Use of Data Warehouse:
Data Warehouse are used for
- Carrying out data mining to gain new insights from the information held in many large databases
- Conducting market research by analyzing large volumes of data in-depth
- An online business analyzing user behavior to make business decisions
Application areas of data warehouse are:
Here, are most common sectors where Data warehouse is used:
Airline:
In the Airline system, it is used for operation purpose like crew assignment, analyses of route profitability, frequent flyer program promotions, etc.
Banking:
It is widely used in the banking sector to manage the resources available on desk effectively. Few banks also used for the market research, performance analysis of the product and operations.
Healthcare:
Healthcare sector also used Data warehouse to strategize and predict outcomes, generate patient's treatment reports, share data with tie-in insurance companies, medical aid services, etc.
Public sector:
In the public sector, data warehouse is used for intelligence gathering. It helps government agencies to maintain and analyze tax records, health policy records, for every individual.

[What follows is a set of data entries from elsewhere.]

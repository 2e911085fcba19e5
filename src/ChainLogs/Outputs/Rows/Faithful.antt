-- ===== src/ChainLogs/Outputs/Rows/Faithful.antt =====
-- The rows of the transactions of a summary (crates/railgun-indexer-core/src/chain_logs.rs).
use railgun_indexer.Prelude.{
  ℕ, ◌+◌, ◌/◌, ◌%◌, ◌<◌, ◌&&◌, ◌≡◌, refl, sym, ◌⊎◌, inl, inr, List, [], ◌∷◌, true, false, ok, arith,
  Bool-cases, bind-parts, ok_or, try_narrow, u32_mod, u64_mod, codes, is_empty,
}
use native.Mathlib.Nat.{mod-lt}
use railgun_indexer.ChainLogs.{
  ChainLib, EmittedOutputCommitment, TransactOutputSummary, DecodedRailgunTransaction,
  integer_overflow,
}
use railgun_indexer.ChainLogs.Positions.{normalize_tree_position, normalized_global_position}
use railgun_indexer.ChainLogs.Outputs.{
  IndexedPublicTransaction, OutputMatch, modern_unshield_only_utxo, is_modern_unshield_only,
}
use railgun_indexer.ChainLogs.Outputs.Rows.{
  MatchState, no_matches, row_of, match_transaction, output_position, transaction_row,
  transaction_rows, sort_outputs, public_transactions_from_decoded,
}

module _ (lib : ChainLib) (summary : TransactOutputSummary) (block_timestamp : ℕ) where
  -- A position in a tree, or the marker of an unshield without any output.
  abbrev pub IsPlaced : DecodedRailgunTransaction → IndexedPublicTransaction → Type 0
  IsPlaced t r =
      ((r.utxo_tree_out < u32_mod) × (r.utxo_batch_start_position_out < lib.tree_leaf_count))
      ⊎ ((is_modern_unshield_only t ≡ true)
          × ((r.utxo_tree_out ≡ modern_unshield_only_utxo)
              × (r.utxo_batch_start_position_out ≡ modern_unshield_only_utxo)))

  -- The row with a number tells of a transaction.
  pub record IsRow (n : ℕ) (t : DecodedRailgunTransaction) (r : IndexedPublicTransaction)
      : Type 0 where
    pub source : r.source ≡ summary.source
    pub index : r.railgun_transaction_index ≡ n
    pub id : r.id ≡ (summary.source.transaction_hash, n)
    pub time : r.block_timestamp ≡ block_timestamp
    pub nullifiers : r.nullifiers ≡ t.nullifiers
    pub commitments : r.commitments ≡ t.commitments
    pub bound_params_hash : r.bound_params_hash ≡ t.bound_params_hash
    pub unshield : (r.has_unshield ≡ t.has_unshield) × (r.unshield_preimage ≡ t.unshield_preimage)
    pub tree_in : r.utxo_tree_in ≡ t.utxo_tree_in
    pub txid : r.railgun_txid ≡ t.railgun_txid
    pub placed : IsPlaced t r

  abbrev pub AreRows : ℕ → List DecodedRailgunTransaction → List IndexedPublicTransaction → Type 0
  AreRows n [] rows = rows ≡ []
  AreRows n (t ∷ ts) [] = false ≡ true
  AreRows n (t ∷ ts) (r ∷ rows) = IsRow n t r × AreRows (n + 1) ts rows

  normalized-bounds :
      (g : ℕ) (position : ℕ × ℕ)
      → 0 < lib.tree_leaf_count
      → normalized_global_position lib g ≡ ok position
      → (position.0 < u32_mod) × (position.1 < lib.tree_leaf_count)
  unfolding normalized_global_position normalize_tree_position
  normalized-bounds g position some_leaves h =
      let e = integer_overflow (codes "tree_number") in
      let (a, e1, h1) =
        bind-parts (ok_or (try_narrow u32_mod (g / lib.tree_leaf_count)) e) _ position h in
      let (b, e2, h2) = bind-parts (ok_or (try_narrow u32_mod (0 + a)) e) _ position h1 in
      let same : (b, g % lib.tree_leaf_count) ≡ position = ground arith in
      rw (sym same) (ground arith, mod-lt g some_leaves)

  output_position-IsPlaced :
      (outputs : List EmittedOutputCommitment) (t : DecodedRailgunTransaction) (m : OutputMatch)
      (position : ℕ × ℕ)
      → 0 < lib.tree_leaf_count
      → output_position lib summary outputs t m ≡ ok position
      → ((position.0 < u32_mod) × (position.1 < lib.tree_leaf_count))
        ⊎ ((is_modern_unshield_only t ≡ true)
            × ((position.0 ≡ modern_unshield_only_utxo) × (position.1 ≡ modern_unshield_only_utxo)))
  unfolding output_position
  output_position-IsPlaced outputs t m position some_leaves h =
      elim (Bool-cases (is_empty outputs && is_modern_unshield_only t)) [
        | inl marked ↦
            let same : (modern_unshield_only_utxo, modern_unshield_only_utxo) ≡ position =
              ground arith in
            inr (ground arith, rw (sym same) (refl, refl))
        | inr placed ↦ inl (normalized-bounds m.output_start position some_leaves (rw placed at h))
      ]

  transaction_row-IsRow :
      (outputs : List EmittedOutputCommitment) (s : MatchState) (t : DecodedRailgunTransaction)
      (n : ℕ) (made : IndexedPublicTransaction × MatchState)
      → 0 < lib.tree_leaf_count
      → transaction_row lib summary outputs block_timestamp s t n ≡ ok made
      → IsRow n t made.0
  unfolding transaction_row output_position
  transaction_row-IsRow outputs s t n made some_leaves h =
      let (m, e1, h1) = bind-parts (match_transaction lib summary outputs s t n) _ made h in
      let (position, e2, h2) =
        bind-parts (output_position lib summary outputs t m.output_match) _ made h1 in
      let (index, e3, h3) =
        bind-parts
          (ok_or (try_narrow u64_mod n) (integer_overflow (codes "railgun_transaction_index"))) _
          made h2 in
      let same : (row_of lib summary outputs block_timestamp t n index m position, m.after) ≡ made =
        ground arith in
      let numbered : index ≡ n = ground arith in
      rw (sym same) (record {
        source = refl;
        index = numbered;
        id = refl;
        time = refl;
        nullifiers = refl;
        commitments = refl;
        bound_params_hash = refl;
        unshield = (refl, refl);
        tree_in = refl;
        txid = refl;
        placed = output_position-IsPlaced outputs t m.output_match position some_leaves e2;
      })

  transaction_rows-AreRows :
      (outputs : List EmittedOutputCommitment) (s : MatchState) (n : ℕ)
      (ts : List DecodedRailgunTransaction) (made : List IndexedPublicTransaction × MatchState)
      → 0 < lib.tree_leaf_count
      → transaction_rows lib summary outputs block_timestamp s n ts ≡ ok made
      → AreRows n ts made.0
  unfolding transaction_rows
  transaction_rows-AreRows outputs s n [] made some_leaves h = ground arith
  transaction_rows-AreRows outputs s n (t ∷ ts) made some_leaves h =
      let (row, e1, h1) =
        bind-parts (transaction_row lib summary outputs block_timestamp s t n) _ made h in
      let (later, e2, h2) =
        bind-parts (transaction_rows lib summary outputs block_timestamp row.1 (n + 1) ts) _ made
          h1 in
      let same : (row.0 ∷ later.0, later.1) ≡ made = ground arith in
      rw (sym same) (
        transaction_row-IsRow outputs s t n row some_leaves e1,
        transaction_rows-AreRows outputs row.1 (n + 1) ts later some_leaves e2,
      )

  -- If the rows of a summary are made, they are those of the transactions, in order: each has the
  -- summary's source and time, its number, and the data of its transaction; and its outputs lie at a
  -- position of a tree, or, if the transaction is a single unshield, at the marker for no output.
  pub public_transactions_from_decoded-AreRows :
      (ts : List DecodedRailgunTransaction) (rows : List IndexedPublicTransaction)
      → 0 < lib.tree_leaf_count
      → public_transactions_from_decoded lib summary block_timestamp ts ≡ ok rows
      → AreRows 0 ts rows
  unfolding public_transactions_from_decoded
  public_transactions_from_decoded-AreRows ts rows some_leaves h =
      let outputs = sort_outputs lib summary.output_commitments in
      let (made, e, k) =
        bind-parts (transaction_rows lib summary outputs block_timestamp no_matches 0 ts) _ rows
          h in
      let same : made.0 ≡ rows = ground arith in
      rw (sym same) (transaction_rows-AreRows outputs no_matches 0 ts made some_leaves e)
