-- ===== src/ChainLogs/Outputs/Rows/Sequential.antt =====
-- Summaries without legacy logs and calls (crates/railgun-indexer-core/src/chain_logs.rs).
use railgun_indexer.Prelude.{
  ℕ, ◌+◌, ◌≤◌, ◌&&◌, ◌≡◌, refl, sym, ◌∙◌, List, [], ◌∷◌, length, get_elem?, some, true, false, ok,
  arith, bind-parts, ok_or, try_narrow, u64_mod, u64_max, codes, is_empty,
}
use railgun_indexer.ChainLogs.{
  ChainLib, EmittedOutputCommitment, TransactOutputSummary, DecodedRailgunTransaction,
  integer_overflow,
}
use railgun_indexer.ChainLogs.Positions.{normalized_global_position}
use railgun_indexer.ChainLogs.Outputs.{
  IndexedPublicTransaction, is_legacy_transact, is_relay, global_of, matched_output_start_global,
}
use railgun_indexer.ChainLogs.Outputs.Rows.{
  any_legacy_output, any_legacy_transact, MatchState, no_matches, RowMatch, row_of,
  match_sequential, match_transaction, output_position, transaction_row, transaction_rows,
  insert_output, sort_outputs, public_transactions_from_decoded,
}
use railgun_indexer.ChainLogs.Outputs.Rows.Consumes.{
  Consumes, hashes_from, StartsAt, matched-Sequential,
}

module _ (lib : ChainLib) where
  -- The row's position is that of the next output, if there is one.
  abbrev pub PlacedAt : List EmittedOutputCommitment → ℕ → IndexedPublicTransaction → Type 0
  PlacedAt outputs index r =
      (o : EmittedOutputCommitment)
      → get_elem? outputs index ≡ some o
      → (g : ℕ) × (global_of lib o ≡ ok g)
        × (normalized_global_position lib g ≡ ok (r.utxo_tree_out, r.utxo_batch_start_position_out))

  -- From the output with an index to another, each transaction finds the next outputs among its
  -- commitments.
  abbrev pub AreSequential :
      List EmittedOutputCommitment
      → ℕ
      → List DecodedRailgunTransaction
      → List IndexedPublicTransaction
      → ℕ
      → Type 0
  AreSequential outputs i [] rows j = (rows ≡ []) × (i ≡ j)
  AreSequential outputs i (t ∷ ts) [] j = false ≡ true
  AreSequential outputs i (t ∷ ts) (r ∷ rows) j =
      (k : ℕ) × (Consumes (hashes_from outputs i) t.commitments (hashes_from outputs k)
        × (PlacedAt outputs i r × AreSequential outputs k ts rows j))

  insert-legacy :
      (o : EmittedOutputCommitment) (outputs : List EmittedOutputCommitment)
      → any_legacy_output (insert_output lib o outputs) ≡ any_legacy_output (o ∷ outputs)
  unfolding insert_output
  insert-legacy o [] = refl
  insert-legacy o (p ∷ rest) = let later = insert-legacy o rest in ground arith

  sort-legacy :
      (outputs : List EmittedOutputCommitment)
      → any_legacy_output (sort_outputs lib outputs) ≡ any_legacy_output outputs
  unfolding sort_outputs
  sort-legacy [] = refl
  sort-legacy (o ∷ rest) =
      let later = sort-legacy rest in ground (arith, insert-legacy o (sort_outputs lib rest))

  insert-length :
      (o : EmittedOutputCommitment) (outputs : List EmittedOutputCommitment)
      → length (insert_output lib o outputs) ≡ length outputs + 1
  unfolding insert_output
  insert-length o [] = omega arith
  insert-length o (p ∷ rest) = let later = insert-length o rest in ground arith

  sort-length :
      (outputs : List EmittedOutputCommitment) → length (sort_outputs lib outputs) ≡ length outputs
  unfolding sort_outputs
  sort-length [] = refl
  sort-length (o ∷ rest) = omega (arith, insert-length o (sort_outputs lib rest), sort-length rest)

  module _ (summary : TransactOutputSummary) (outputs : List EmittedOutputCommitment) where
    match_transaction-sequential :
        (s : MatchState) (t : DecodedRailgunTransaction) (n : ℕ) (m : RowMatch)
        → any_legacy_output outputs ≡ false
        → is_legacy_transact t.call_kind ≡ false
        → match_transaction lib summary outputs s t n ≡ ok m
        → (matched_output_start_global lib summary outputs s.emitted_index t n
            ≡ ok (m.output_match, m.after.emitted_index))
          × (m.after.uses_non_sequential_output_mapping ≡ s.uses_non_sequential_output_mapping)
    unfolding match_transaction match_sequential
    match_transaction-sequential s t n m modern kind h =
        let no_relay : (is_relay t.call_kind && any_legacy_output outputs) ≡ false = ground arith in
        let plain : match_sequential lib summary outputs s t n ≡ ok m = rw (kind, no_relay) at h in
        let (found, e, k) =
          bind-parts (matched_output_start_global lib summary outputs s.emitted_index t n) _ m
            plain in
        let start : found.0 ≡ m.output_match = ground arith in
        let next : found.1 ≡ m.after.emitted_index = ground arith in
        (rw (sym start, sym next) e, ground arith)

    not_empty :
        (i : ℕ) (o : EmittedOutputCommitment)
        → get_elem? outputs i ≡ some o
        → is_empty outputs ≡ false
    not_empty i o e =
        elim outputs as (λ l. get_elem? l i ≡ some o → is_empty l ≡ false) [
          | [] ↦ λ bad. absurd (ground arith)
          | p ∷ rest ↦ λ good. refl
        ]
          e

    position-PlacedAt :
        (block_timestamp index n i : ℕ) (t : DecodedRailgunTransaction) (m : RowMatch)
        (position : ℕ × ℕ)
        → StartsAt lib outputs i m.output_match.output_start
        → output_position lib summary outputs t m.output_match ≡ ok position
        → PlacedAt outputs i (row_of lib summary outputs block_timestamp t n index m position)
    unfolding output_position
    position-PlacedAt block_timestamp index n i t m position starts h o e =
        (m.output_match.output_start, starts o e, rw (not_empty i o e) at h)

    rows-AreSequential :
        (block_timestamp : ℕ) (s : MatchState) (n : ℕ) (ts : List DecodedRailgunTransaction)
        (made : List IndexedPublicTransaction × MatchState)
        → length outputs ≤ u64_max
        → any_legacy_output outputs ≡ false
        → any_legacy_transact ts ≡ false
        → transaction_rows lib summary outputs block_timestamp s n ts ≡ ok made
        → AreSequential outputs s.emitted_index ts made.0 made.1.emitted_index
          × (made.1.uses_non_sequential_output_mapping ≡ s.uses_non_sequential_output_mapping)
    unfolding transaction_rows transaction_row
    rows-AreSequential block_timestamp s n [] made few modern kinds h =
        let same : ([], s) ≡ made = ground arith in rw (sym same) ((refl, refl), refl)
    rows-AreSequential block_timestamp s n (t ∷ ts) made few modern kinds h =
        let (row, e1, h1) =
          bind-parts (transaction_row lib summary outputs block_timestamp s t n) _ made h in
        let (later, e2, h2) =
          bind-parts (transaction_rows lib summary outputs block_timestamp row.1 (n + 1) ts) _ made
            h1 in
        let (m, f1, k1) = bind-parts (match_transaction lib summary outputs s t n) _ row e1 in
        let (position, f2, k2) =
          bind-parts (output_position lib summary outputs t m.output_match) _ row k1 in
        let (index, f3, k3) =
          bind-parts
            (ok_or (try_narrow u64_mod n) (integer_overflow (codes "railgun_transaction_index"))) _
            row k2 in
        let (found, flag) = match_transaction-sequential s t n m modern (ground arith) f1 in
        let (consumes, starts) =
          matched-Sequential lib outputs summary s.emitted_index t n
            (m.output_match, m.after.emitted_index) few modern found in
        let (rest, later_flag) =
          rows-AreSequential block_timestamp row.1 (n + 1) ts later few modern (ground arith) e2 in
        let made_is : (row.0 ∷ later.0, later.1) ≡ made = ground arith in
        let row_is : row_of lib summary outputs block_timestamp t n index m position ≡ row.0 =
          ground arith in
        let after_is : m.after ≡ row.1 = ground arith in
        rw (sym made_is) (
          (
            row.1.emitted_index,
            (
              rw after_is at consumes,
              (
                rw (sym row_is) (
                    position-PlacedAt block_timestamp index n s.emitted_index t m position starts
                      f2),
                rest,
              ),
            ),
          ),
          ground arith,
        )

  -- If the rows of a summary are made whose logs and calls are not legacy ones, then its outputs, sorted
  -- by position, are all found in order among the commitments of the transactions, and each row has the
  -- position of the next output that is not found yet, if there is one.
  pub public_transactions_from_decoded-AreSequential :
      (summary : TransactOutputSummary) (block_timestamp : ℕ) (ts : List DecodedRailgunTransaction)
      (rows : List IndexedPublicTransaction)
      → length summary.output_commitments ≤ u64_max
      → any_legacy_output summary.output_commitments ≡ false
      → any_legacy_transact ts ≡ false
      → public_transactions_from_decoded lib summary block_timestamp ts ≡ ok rows
      → AreSequential
          (sort_outputs lib summary.output_commitments)
          0
          ts
          rows
          (length (sort_outputs lib summary.output_commitments))
  unfolding public_transactions_from_decoded
  public_transactions_from_decoded-AreSequential summary block_timestamp ts rows few modern kinds
        h =
      let outputs = sort_outputs lib summary.output_commitments in
      let (made, e, k) =
        bind-parts (transaction_rows lib summary outputs block_timestamp no_matches 0 ts) _ rows
          h in
      let small : length outputs ≤ u64_max =
        omega (arith, few, sort-length summary.output_commitments) in
      let plain : any_legacy_output outputs ≡ false =
        sort-legacy summary.output_commitments ∙ modern in
      let (all, flag) =
        rows-AreSequential summary outputs block_timestamp no_matches 0 ts made small plain kinds
          e in
      let same : made.0 ≡ rows = ground arith in
      let over : made.1.emitted_index ≡ length outputs = ground arith in rw (sym same, sym over) all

Investment and Insurance sector:
In this sector, the warehouses are primarily used to analyze data patterns, customer trends, and to track market movements.
Retain chain:
In retail chains, Data warehouse is widely used for distribution and marketing. It also helps to track items, customer buying pattern, promotions and also used for determining pricing policy.
Telecommunication:
A data warehouse is used in this sector for product promotions, sales decisions and to make distribution decisions.
Hospitality Industry:
This Industry utilizes warehouse services to design as well as estimate their advertising and promotion campaigns where they want to target clients based on their feedback and travel patterns.